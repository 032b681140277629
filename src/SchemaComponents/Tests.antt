-- ===== src/SchemaComponents/Tests.antt =====
-- Permissions on a small state: bob sees the project through a team, a stranger does not.
use schematica_api.Access.{can_own_project, can_view_project}
use schematica_api.Access.Rules.{MayOwn, MayView, can_own_project_iff, can_view_project_iff}
use schematica_api.Common.{true, false, ◌≡◌, none, some, []}
use schematica_api.Database.{memory_client, memory_client-IsPrisma}
use schematica_api.Entities.{project_clash}
use schematica_api.Exceptions.{throw, project_not_found}
use schematica_api.Json.{null}
use schematica_api.Prisma.{in_memory, in_memory-IsDelegate}
use schematica_api.Samples.{bob, db, grants}
use schematica_api.SchemaComponents.{
  CreateSchemaComponentDto, UpdateSchemaComponentDto, create, update, remove,
}
use schematica_api.SchemaComponents.Permissions.{writes_need_owner}
use schematica_api.User.{UserDto, guest}

abbrev stranger : UserDto
stranger = record { id = "u4"; username = "mallory"; role = guest; teams = some [] }

bob_may_not_own : ¬ MayOwn grants bob "p1"
unfolding can_own_project
bob_may_not_own m =
    let h : false ≡ true =
      (can_own_project_iff grants (in_memory project_clash) bob "p1"
          (in_memory-IsDelegate project_clash)).1
        m in
    cc

stranger_may_not_view : ¬ MayView grants stranger "p1"
unfolding can_view_project
stranger_may_not_view m =
    let h : false ≡ true =
      (can_view_project_iff grants (in_memory project_clash) stranger "p1"
          (in_memory-IsDelegate project_clash)).1
        m in
    cc

abbrev new : CreateSchemaComponentDto
new = record { name = "Item"; description = none; schema = null }

abbrev dto : UpdateSchemaComponentDto
dto = record { name = some "Thing"; description = none; schema = none }

writes_need_owner_example :
    (create memory_client db "p1" new bob "c1" ≡ throw (project_not_found "p1"))
    × (update memory_client db "p1" "Item" dto bob ≡ throw (project_not_found "p1"))
    × (remove memory_client db "p1" "Item" bob ≡ throw (project_not_found "p1"))
writes_need_owner_example =
    writes_need_owner memory_client memory_client-IsPrisma db "p1" "Item" "c1" bob new dto
      bob_may_not_own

§ **Problem statement**
Output consists of exactly the lines from the one containing "abbrev new : CreateSchemaComponentDto" to the end of the records above, retyped without change and with nothing extra.

§ **Exercise response**
abbrev new : CreateSchemaComponentDto
new = record { name = "Item"; description = none; schema = null }

abbrev dto : UpdateSchemaComponentDto
dto = record { name = some "Thing"; description = none; schema = none }

writes_need_owner_example :
    (create memory_client db "p1" new bob "c1" ≡ throw (project_not_found "p1"))
    × (update memory_client db "p1" "Item" dto bob ≡ throw (project_not_found "p1"))
    × (remove memory_client db "p1" "Item" bob ≡ throw (project_not_found "p1"))
writes_need_owner_example =
    writes_need_owner memory_client memory_client-IsPrisma db "p1" "Item" "c1" bob new dto
      bob_may_not_own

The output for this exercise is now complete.